A solid backup strategy is a DBA's bread and butter. Cassandra's nodetool snapshot makes it easy to back up the SSTable files, but there remains the question of where to put them and how. Knewton's backup strategy uses Ansible for distributed backups and stores them in S3.
Unfortunately, it's all too easy to store backups that are essentially useless due to the absence of a coherent restoration strategy. This problem proved much more difficult and nuanced than taking the backups themselves. I will discuss Knewton's restoration strategy, which again leverages Ansible, yet I will focus on general principles and pitfalls to be avoided. In particular, restores necessitated modifying our backup strategy to generate cluster-wide metadata that is critical for a smooth automated restoration.

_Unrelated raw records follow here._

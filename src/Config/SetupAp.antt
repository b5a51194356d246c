-- ===== src/Config/SetupAp.antt =====
-- src/main.cpp: the setup access point that the cloud asks for: raised at boot, and closed by a timer
-- of loop(), behind the Wi-Fi manager's own pass.
use rfid_access.Base.{
  ℕ, ◌+◌, ◌≤◌, ◌<◌, ◌≡◌, refl, sym, subst, Bool, true, false, not, ◌&&◌, List, [], ◌∷◌, ◌==◌, arith,
  if◌then◌else◌, if_else, Text, Bool-cases, inl, inr, add32, u32_mod, reached, All,
}
use rfid_access.Config.{Config}
use rfid_access.Wifi.{
  WifiManager, ChangeState, idle, trying, reverting, done, failed, open_setup_ap, close_setup_ap,
  is_running, start_change, drive, drive_trying, drive_reverting, supervise, save_credentials, pass,
  retry_saved_network,
}

abbrev pub setup_ap_timeout_ms : ℕ
setup_ap_timeout_ms = 1800000

-- "setupAP=on".
abbrev pub setup_ap_text : Text
setup_ap_text = b's' ∷ b'e' ∷ b't' ∷ b'u' ∷ b'p' ∷ b'A' ∷ b'P' ∷ b'=' ∷ b'o' ∷ b'n' ∷ []

-- What setup() and loop() keep of it: the settings, the Wi-Fi manager, and when to close.
pub record SetupAp : Type 0 where
  pub config : Config
  pub wifi : WifiManager
  pub close_at : ℕ

-- The block of setup().
unfoldable pub raise_setup_ap : SetupAp → ℕ → SetupAp
unfolding open_setup_ap
raise_setup_ap s now =
    if not s.wifi.portal && s.config.nv_setup_ap
    then record {
      config = record s.config {
        nv_setup_ap = false;
        append_calls = setup_ap_text ∷ s.config.append_calls;
      };
      wifi = open_setup_ap s.wifi;
      close_at = add32 now setup_ap_timeout_ms;
    }
    else s

-- The block of loop().
unfoldable pub setup_ap_poll : SetupAp → ℕ → SetupAp
unfolding close_setup_ap
setup_ap_poll s now =
    if not (s.close_at == 0) && reached now s.close_at
    then (if is_running s.wifi.change
        then record s { close_at = add32 now 60000 }
        else record s { close_at = 0; wifi = close_setup_ap s.wifi })
    else s

-- A pass of loop(): the Wi-Fi manager first, then the timer.
unfoldable pub loop_pass : SetupAp → ℕ × Bool → SetupAp
unfolding pass setup_ap_poll
loop_pass s (now, connected) = setup_ap_poll (record s { wifi = (pass s.wifi now connected).0 }) now

unfoldable pub loop_passes : SetupAp → List (ℕ × Bool) → SetupAp
unfolding loop_pass
loop_passes s [] = s
loop_passes s (p ∷ ps) = loop_passes (loop_pass s p) ps

-- On its network, with the access point open.
abbrev IsOpen : WifiManager → Type 0
IsOpen w = (w.portal ≡ false) × (w.setup_ap ≡ true)

start_change-IsOpen : (w : WifiManager) (now : ℕ) → IsOpen w → IsOpen (start_change w now)
unfolding start_change
start_change-IsOpen w now h = (ground arith, ground arith)

supervise-IsOpen :
    (w : WifiManager) (now : ℕ) (connected : Bool) → IsOpen w → IsOpen (supervise w now connected)
unfolding supervise
supervise-IsOpen w now connected h = (ground arith, ground arith)

drive-IsOpen :
    (state : ChangeState) (w : WifiManager) (now : ℕ) (connected : Bool)
    → IsOpen w
    → IsOpen (drive state w now connected)
unfolding drive drive_trying drive_reverting save_credentials
drive-IsOpen trying w now connected h = (ground arith, ground arith)
drive-IsOpen reverting w now connected h = (ground arith, ground arith)
drive-IsOpen idle w now connected h = supervise-IsOpen w now connected h
drive-IsOpen done w now connected h = supervise-IsOpen w now connected h
drive-IsOpen failed w now connected h = supervise-IsOpen w now connected h

pass-IsOpen :
    (w : WifiManager) (now : ℕ) (connected : Bool) → IsOpen w → IsOpen (pass w now connected).0
unfolding pass
pass-IsOpen w now connected h =
    let w' = start_change w now in
    let after : WifiManager × Bool = (drive w'.change w' now connected, false) in
    subst (λ (v : WifiManager × Bool). IsOpen v.0)
      (sym (if_else w.portal (retry_saved_network w now connected) after h.0))
      (drive-IsOpen w'.change w' now connected (start_change-IsOpen w now h))

not_reached :
    (now t : ℕ)
    → t ≤ now
    → now < t + setup_ap_timeout_ms
    → t + setup_ap_timeout_ms < u32_mod
    → reached now (add32 t setup_ap_timeout_ms) ≡ false
not_reached now t l e f = ground arith

is_reached :
    (now t : ℕ)
    → t + setup_ap_timeout_ms ≤ now
    → now < u32_mod
    → now < t + setup_ap_timeout_ms + 2147483648
    → reached now (add32 t setup_ap_timeout_ms) ≡ true
is_reached now t l e f = ground arith

is_set : (t : ℕ) → t + setup_ap_timeout_ms < u32_mod → (add32 t setup_ap_timeout_ms == 0) ≡ false
is_set t h = ground arith

both_false : (a b : Bool) → b ≡ false → (a && b) ≡ false
both_false a b h = ground arith

poll_early : (s : SetupAp) (now : ℕ) → reached now s.close_at ≡ false → setup_ap_poll s now ≡ s
unfolding setup_ap_poll
poll_early s now h =
    if_else (not (s.close_at == 0) && reached now s.close_at)
      (if is_running s.wifi.change
        then record s { close_at = add32 now 60000 }
        else record s { close_at = 0; wifi = close_setup_ap s.wifi })
      s (both_false (not (s.close_at == 0)) (reached now s.close_at) h)

poll_late :
    (s : SetupAp) (now : ℕ)
    → (s.close_at == 0) ≡ false
    → reached now s.close_at ≡ true
    → s.wifi.setup_ap ≡ true
    → let running = is_running s.wifi.change in
      ((setup_ap_poll s now).wifi.setup_ap ≡ running)
      × ((setup_ap_poll s now).close_at ≡ (if running then add32 now 60000 else 0))
unfolding setup_ap_poll close_setup_ap
poll_late s now z d o = elim (Bool-cases (is_running s.wifi.change)) [
  | inl r ↦ rw (z, d, r) (o, refl)
  | inr r ↦ rw (z, d, r) (refl, refl)
]

-- The access point is open, the request is used up, and the timer runs from `t`.
abbrev Waiting : SetupAp → ℕ → Type 0
Waiting s t =
    IsOpen s.wifi × (s.close_at ≡ add32 t setup_ap_timeout_ms) × (s.config.nv_setup_ap ≡ false)

raise-Waiting :
    (s : SetupAp) (t : ℕ)
    → s.wifi.portal ≡ false
    → s.config.nv_setup_ap ≡ true
    → Waiting (raise_setup_ap s t) t
unfolding raise_setup_ap open_setup_ap
raise-Waiting s t p n = ((ground arith, ground arith), ground arith, ground arith)

loop_pass-Waiting :
    (s : SetupAp) (t now : ℕ) (connected : Bool)
    → reached now (add32 t setup_ap_timeout_ms) ≡ false
    → Waiting s t
    → Waiting (loop_pass s (now, connected)) t
unfolding loop_pass
loop_pass-Waiting s t now connected h (o, c, n) =
    let s' : SetupAp = record s { wifi = (pass s.wifi now connected).0 } in
    subst (λ v. Waiting v t)
      (sym (poll_early s' now (subst (λ d. reached now d ≡ false) (sym c) h)))
      (pass-IsOpen s.wifi now connected o, c, n)

abbrev pub Within : ℕ → ℕ × Bool → Type 0
Within t (now, connected) = (t ≤ now) × (now < t + setup_ap_timeout_ms)

loop_passes-Waiting :
    (s : SetupAp) (t : ℕ) (ps : List (ℕ × Bool))
    → t + setup_ap_timeout_ms < u32_mod
    → All (Within t) ps
    → Waiting s t
    → Waiting (loop_passes s ps) t
unfolding loop_passes
loop_passes-Waiting s t [] m h w = w
loop_passes-Waiting s t ((now, connected) ∷ ps) m ((a, b), h) w =
    loop_passes-Waiting (loop_pass s (now, connected)) t ps m h
      (loop_pass-Waiting s t now connected (not_reached now t a b m) w)

-- An access point that the cloud asked for, raised at time `t` on a door with a network, stays open
-- for half an hour, whatever the radio answers, and the stored request is cleared. The first pass
-- behind the half hour closes it if no move to another network runs then, and else keeps it open and
-- asks again a minute later; if that pass comes within 2 ^ 31 ms and the times have not wrapped.
pub setup_ap_closes :
    (s : SetupAp) (t now : ℕ) (connected : Bool) (ps : List (ℕ × Bool))
    → s.wifi.portal ≡ false
    → s.config.nv_setup_ap ≡ true
    → All (Within t) ps
    → t + setup_ap_timeout_ms ≤ now
    → now < u32_mod
    → now < t + setup_ap_timeout_ms + 2147483648
    → let early = loop_passes (raise_setup_ap s t) ps in
      let late = loop_pass early (now, connected) in
      let running = is_running (pass early.wifi now connected).0.change in
      (early.wifi.setup_ap ≡ true)
      × (early.config.nv_setup_ap ≡ false)
      × (late.wifi.setup_ap ≡ running)
      × (late.close_at ≡ (if running then add32 now 60000 else 0))
unfolding loop_pass
setup_ap_closes s t now connected ps p n h from small near =
    let early : SetupAp = loop_passes (raise_setup_ap s t) ps in
    let (o, c, used) =
      loop_passes-Waiting (raise_setup_ap s t) t ps (omega arith) h (raise-Waiting s t p n) in
    let s' : SetupAp = record early { wifi = (pass early.wifi now connected).0 } in
    let due : reached now s'.close_at ≡ true =
      subst (λ d. reached now d ≡ true) (sym c) (is_reached now t from small near) in
    let set : (s'.close_at == 0) ≡ false =
      subst (λ d. (d == 0) ≡ false) (sym c) (is_set t (omega arith)) in
    let still : s'.wifi.setup_ap ≡ true = (pass-IsOpen early.wifi now connected o).1 in
    let (closed, off) = poll_late s' now set due still in (o.1, used, closed, off)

Such pitfalls indicate that a restore-focused backup design leads to faster and more deterministic recovery.
About the Speaker
Joshua Wickman Database Engineer, Knewton
Dr. Joshua Wickman is currently part of the database team at Knewton, a NYC tech company focused on adaptive learning. He earned his PhD at the University of Delaware in 2012, where he studied particle physics models of the early universe. After a brief stint teaching college physics, he entered the New York tech industry in 2014 working with NoSQL, first with MongoDB and then Cassandra. He was certified in Cassandra at his first Cassandra Summit in 2015.